Despite its novice status as an automobile manufacturer, Lamborghini soon dispelled any lingering doubts about its ability to compete with the world's best Grand Tourers. Reviewing the 400GT in its 2+2 form in 1967, Autocar magazine voted it "better than all the equivalent exotic and home-bred machinery in this glamorous corner of the fast-car market". The relaxed manner of its long-legged performance was reckoned the finest quality of the Lamborghini, its V12 engine being judged to have the broadest range of smooth torque the testers had experienced. Autocar concluded: "To achieve this level of performance without noise, fuss, temperament or drama is an achievement; in the time taken for development, it is nothing short of sensational."

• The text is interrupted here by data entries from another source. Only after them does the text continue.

-- ===== src/Validate/Rows.antt =====
-- The counters of rows and events, against the rows that were read.
use market_replay.Prelude.{
  ℕ, ◌+◌, String, Bool, true, false, not, List, [], ◌∷◌, none, some, Option, ◌≡◌, refl, arith, ◌&&◌,
  ◌==◌, if◌then◌else◌, if-elim, length, count, eq_iff, ◌∙◌, ap, sym,
}
use native.Mathlib.Nat.{add-zero}
use market_replay.Prelude.Int.{ℤ, pos, inc64, ltb_ℤ, leb_ℤ, eqb_ℤ, tally, inc64-tally, tally-zero}
use market_replay.Prelude.Dict.{Dict, lookup, insert, get_or, lookup-insert}
use market_replay.Event.{MarketEvent, event_time_millis, event_type_depth, event_type_agg_trade}
use market_replay.Parser.Record.{Record}
use market_replay.Validate.{
  Validator, new_validator, add_failure, note_gap, note_misorder, check_time_after, check_time,
  check_depth_after, check_depth_sequence, check_trade_after, check_trade_sequence, check_sequence,
  process, process_all,
}
use market_replay.Validate.Effects.{accepted, entered, process-marks}

-- The counters that the checks of an event leave alone.
abbrev SameCounts : Validator → Validator → Type 0
SameCounts v w =
    (w.result.rows ≡ v.result.rows)
    × (w.result.events ≡ v.result.events)
    × (w.result.malformed_events ≡ v.result.malformed_events)
    × (w.result.symbol_event_counts ≡ v.result.symbol_event_counts)

module _ (v : Validator) (ev : MarketEvent) where
  noted-SameCounts :
      (b c : Bool) (m n : String) → SameCounts v (note_misorder b ev m (note_gap c ev n v))
  unfolding note_gap note_misorder add_failure
  noted-SameCounts true true m n = (refl, refl, refl, refl)
  noted-SameCounts true false m n = (refl, refl, refl, refl)
  noted-SameCounts false true m n = (refl, refl, refl, refl)
  noted-SameCounts false false m n = (refl, refl, refl, refl)

  note_misorder-SameCounts : (b : Bool) (m : String) → SameCounts v (note_misorder b ev m v)
  unfolding note_misorder add_failure
  note_misorder-SameCounts true m = (refl, refl, refl, refl)
  note_misorder-SameCounts false m = (refl, refl, refl, refl)

  check_time_after-SameCounts : (last : Option ℤ) → SameCounts v (check_time_after v ev last)
  unfolding check_time_after
  check_time_after-SameCounts none = (refl, refl, refl, refl)
  check_time_after-SameCounts (some last) = if-elim (SameCounts v) _ same same
    where
      same : SameCounts v (
          note_misorder
            (ltb_ℤ (event_time_millis ev) last)
            ev
            "event_time moved backwards for symbol"
            v)
      same = note_misorder-SameCounts _ _

  check_depth_after-SameCounts : (last : Option ℤ) → SameCounts v (check_depth_after v ev last)
  unfolding check_depth_after
  check_depth_after-SameCounts none = (refl, refl, refl, refl)
  check_depth_after-SameCounts (some last) = if-elim (SameCounts v) _ same same
    where
      same : SameCounts v (
          note_misorder
            (leb_ℤ ev.final_update_id last)
            ev
            "depth final_update_id did not increase"
            (note_gap
              (not (eqb_ℤ ev.first_update_id (inc64 last)))
              ev
              "depth first_update_id does not continue after prior final_update_id"
              v))
      same = noted-SameCounts _ _ _ _

  check_trade_after-SameCounts : (last : Option ℤ) → SameCounts v (check_trade_after v ev last)
  unfolding check_trade_after
  check_trade_after-SameCounts none = (refl, refl, refl, refl)
  check_trade_after-SameCounts (some last) = if-elim (SameCounts v) _ same same
    where
      same : SameCounts v (
          note_misorder
            (leb_ℤ ev.trade_id last)
            ev
            "trade_id did not increase"
            (note_gap (not (eqb_ℤ ev.trade_id (inc64 last))) ev "trade_id is not contiguous" v))
      same = noted-SameCounts _ _ _ _

  check_sequence-SameCounts : SameCounts v (check_sequence v ev)
  unfolding check_sequence check_depth_sequence check_trade_sequence
  check_sequence-SameCounts =
      if-elim (SameCounts v) (ev.type == event_type_depth) (check_depth_after-SameCounts _) (
        if-elim (SameCounts v) (ev.type == event_type_agg_trade) (check_trade_after-SameCounts _)
          (refl, refl, refl, refl))

abbrev pub is_malformed : Record → Bool
is_malformed r = elim r.err [ some e ↦ true | none ↦ false ]

-- The accepted rows of one symbol.
abbrev pub accepted_for : String → String → Record → Bool
accepted_for wanted s r = accepted wanted r && (r.event.symbol == s)

process-counts :
    (v : Validator) (r : Record)
    → ((process v r).result.rows ≡ inc64 v.result.rows)
      × ((process v r).result.events
          ≡ (if accepted v.opts_symbol r then inc64 v.result.events else v.result.events))
      × ((process v r).result.malformed_events
          ≡ (if is_malformed r then inc64 v.result.malformed_events else v.result.malformed_events))
      × ((process v r).result.symbol_event_counts ≡ (
          if accepted v.opts_symbol r
          then insert r.event.symbol
              (inc64 (get_or r.event.symbol (pos 0) v.result.symbol_event_counts))
              v.result.symbol_event_counts
          else v.result.symbol_event_counts))
unfolding process check_time add_failure
process-counts v r = ground (
  arith,
  check_sequence-SameCounts (check_time (entered v r.event) r.event) r.event,
  check_time_after-SameCounts (entered v r.event) r.event (lookup r.event.symbol v.last_time_ms),
)

abbrev one_if : Bool → ℕ
one_if b = elim b [ true ↦ 1 | false ↦ 0 ]

-- What a validator for `wanted` has counted: `n` rows, `e` events, `m` malformed rows, and `c s`
-- events of each symbol `s`.
pub record Counted (wanted : String) (n e m : ℕ) (c : String → ℕ) (v : Validator) : Type 0 where
  pub wanted_symbol : v.opts_symbol ≡ wanted
  pub rows_tally : v.result.rows ≡ tally n
  pub events_tally : v.result.events ≡ tally e
  pub malformed_tally : v.result.malformed_events ≡ tally m
  pub symbols_tally : (s : String) → get_or s (pos 0) v.result.symbol_event_counts ≡ tally (c s)

inc64-tally_if :
    (b : Bool) (n : ℕ) (z : ℤ) → z ≡ tally n → (if b then inc64 z else z) ≡ tally (n + one_if b)
inc64-tally_if true n z h = rw h (inc64-tally n)
inc64-tally_if false n z h = ground arith

get_or-insert :
    (k s : String) (x d : ℤ) (m : Dict ℤ)
    → get_or s d (insert k x m) ≡ (if k == s then x else get_or s d m)
get_or-insert k s x d m = ground (arith, lookup-insert k s x m)

symbol_step :
    (a : Bool) (k s : String) (m : Dict ℤ)
    → get_or s (pos 0) (if a then insert k (inc64 (get_or k (pos 0) m)) m else m)
      ≡ (if a && (k == s) then inc64 (get_or s (pos 0) m) else get_or s (pos 0) m)
symbol_step false k s m = refl
symbol_step true k s m =
    ground (arith, get_or-insert k s (inc64 (get_or k (pos 0) m)) (pos 0) m, eq_iff k s)

module _ {wanted : String} {n e m : ℕ} {c : String → ℕ} (v : Validator)
    (k : Counted wanted n e m c v) (r : Record) where
  accepted_here : accepted v.opts_symbol r ≡ accepted wanted r
  accepted_here = ap (λ s. accepted s r) k.wanted_symbol

  process-symbols :
      (s : String)
      → get_or s (pos 0) (process v r).result.symbol_event_counts
        ≡ tally (c s + one_if (accepted_for wanted s r))
  process-symbols s =
      ap (get_or s (pos 0)) (process-counts v r).3
      ∙ rw accepted_here (symbol_step (accepted wanted r) r.event.symbol s _)
      ∙ inc64-tally_if (accepted_for wanted s r) (c s) _ (k.symbols_tally s)

  process-Counted :
      Counted wanted
        (n + 1)
        (e + one_if (accepted wanted r))
        (m + one_if (is_malformed r))
        (λ s. c s + one_if (accepted_for wanted s r))
        (process v r)
  process-Counted = record {
    wanted_symbol = (process-marks v r).3 ∙ k.wanted_symbol;
    rows_tally = (process-counts v r).0 ∙ ap inc64 k.rows_tally ∙ inc64-tally n;
    events_tally =
        (process-counts v r).1
        ∙ rw accepted_here (inc64-tally_if (accepted wanted r) e _ k.events_tally);
    malformed_tally =
        (process-counts v r).2 ∙ inc64-tally_if (is_malformed r) m _ k.malformed_tally;
    symbols_tally = process-symbols;
  }

-- The sums over the rows, in the order in which a validator forms them.
process_all-Counted :
    (rs : List Record) (v : Validator) {wanted : String} {n e m : ℕ} {c : String → ℕ}
    → Counted wanted n e m c v
    → Counted wanted
        (n + length rs)
        (e + count (accepted wanted) rs)
        (m + count is_malformed rs)
        (λ s. c s + count (accepted_for wanted s) rs)
        (process_all v rs)
unfolding process_all
process_all-Counted [] v k = record {
  wanted_symbol = k.wanted_symbol;
  rows_tally = rw add-zero k.rows_tally;
  events_tally = rw add-zero k.events_tally;
  malformed_tally = rw add-zero k.malformed_tally;
  symbols_tally = λ s. rw add-zero (k.symbols_tally s);
}
process_all-Counted (r ∷ rs) v k =
    let k' = process_all-Counted rs (process v r) (process-Counted v k r) in
    record {
      wanted_symbol = k'.wanted_symbol;
      rows_tally = k'.rows_tally ∙ ap tally (omega arith);
      events_tally = k'.events_tally ∙ ap tally (omega arith);
      malformed_tally = k'.malformed_tally ∙ ap tally (omega arith);
      symbols_tally = λ s. k'.symbols_tally s ∙ ap tally (omega arith);
    }

new_validator-Counted :
    (symbol : String) (now : ℤ) → Counted symbol 0 0 0 (λ _. 0) (new_validator symbol now)
unfolding new_validator lookup
new_validator-Counted symbol now = record {
  wanted_symbol = refl;
  rows_tally = sym tally-zero;
  events_tally = sym tally-zero;
  malformed_tally = sym tally-zero;
  symbols_tally = λ s. sym tally-zero;
}

-- After any rows, a new validator with symbol filter `symbol` has counted (as int64 counters) every
-- row, as events the rows that parsed and pass the filter, as malformed the rows that did not parse,
-- and for each symbol its events.
pub validation-Counted :
    (symbol : String) (now : ℤ) (rs : List Record)
    → Counted symbol
        (length rs)
        (count (accepted symbol) rs)
        (count is_malformed rs)
        (λ s. count (accepted_for symbol s) rs)
        (process_all (new_validator symbol now) rs)
validation-Counted symbol now rs =
    let k = process_all-Counted rs _ (new_validator-Counted symbol now) in
    record {
      wanted_symbol = k.wanted_symbol;
      rows_tally = k.rows_tally ∙ ap tally (omega arith);
      events_tally = k.events_tally ∙ ap tally (omega arith);
      malformed_tally = k.malformed_tally ∙ ap tally (omega arith);
      symbols_tally = λ s. k.symbols_tally s ∙ ap tally (omega arith);
    }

One of only 247 units built between 1966 and 1968, this matching-numbers, 'time-warp' Lamborghini 400GT 2+2 was invoiced on 20th September 1967 by the factory in Sant'Agata Bolognese to the Swiss Lamborghini importer, Garage Foitek AG of Zurich. The total cost as noted on the invoice (copy on file) was 5,000,000 Italian Lire (to be paid in cash!) while the original colour combination is recorded as Azzuro Fiat (light metallic blue) with tobacco leather interior. The original-equipment tyres were Pirelli, while the windscreen had a blue band across the top. Other fitted options were air conditioning and a radio.

Garage Foitek in turn invoiced the car to its first owner, a certain Oscar Meier of Zurich, on 22nd September 1967, for the price of CHF 53,000 less a discount of CHF 9,000 (copy invoice on file). Mr Meier did not keep the car for long as he had ordered a brand new Espada; indeed, Foitek had already sold the 400GT (on 26th June 1968) to the second owner, with the provision that he would let the first owner use the car in the month of August '68. The price recorded for the now used Lamborghini was CHF 37,000 (invoice on file).

The second (and last) owner, a well-known Swiss industrialist, obviously enjoyed the car tremendously, as he kept it for the rest of his life, clocking up just under 87,000 kilometres on the believed-correct odometer. As the Lamborghini has always been meticulously looked after, it has never needed a restoration and is presented today in what can only be described as remarkably original 'time-warp' condition.

The Lamborghini's late owner was no stranger to sports and racing cars, as he won the Swiss Amateur Championship in a BMW 328 in 1937 in the sports car class, racing at Maloya, Montreux Caux, Klausen and Rheineck Walzenhausen, among others. He held the track record for the mountain race at Rheineck Waldhausen, which remained unbroken for many years after the war.

A serial owner of high end sports cars, he met the Swiss Lamborghini importer Karl Foitek at the Geneva Motor Show; deciding between an Aston Martin DB6 and this Lamborghini 400GT 2+2, he opted for the latter and the car would remain for more than 50 years in the family. An engineer and entrepreneur himself, he felt more attracted by the Lamborghini and admired Ferruccio Lamborghini's ability to produce such high-end sports cars within a short time frame, and which, in his opinion, were more advanced, more powerful and at the same time more reliable than the longer established competition of Ferrari and Maserati. The car's V12 engine was very flexible, and in combination with the all-synchro five-speed gearbox and easy to operate re-circulating ball steering, made light work of the Swiss roads and mountain passes. The car was first serviced by Garage Foitek AG and then by Garage Speich AG in Zurich, and has passed the stringent technical test for the Veteranenstatus of the Zurich canton. Importantly, the car has always been registered and in use throughout.

These stunning Gran Tursimo Lamborghinis rarely come to the market, and there can be few, if any, more desirable than this beautiful, un-restored example, which exudes the most charming patina. As we often say, they are only original once...

This 400GT 2+2 is ready to be enjoyed by next owner, only its third in over 50 years, and comes with copies of the aforementioned original invoices, original owner's manual (in Italian), original warranty card and original Declaration of Conformity (signed by Lamborghini) as well as current Swiss Fahrzeugausweis.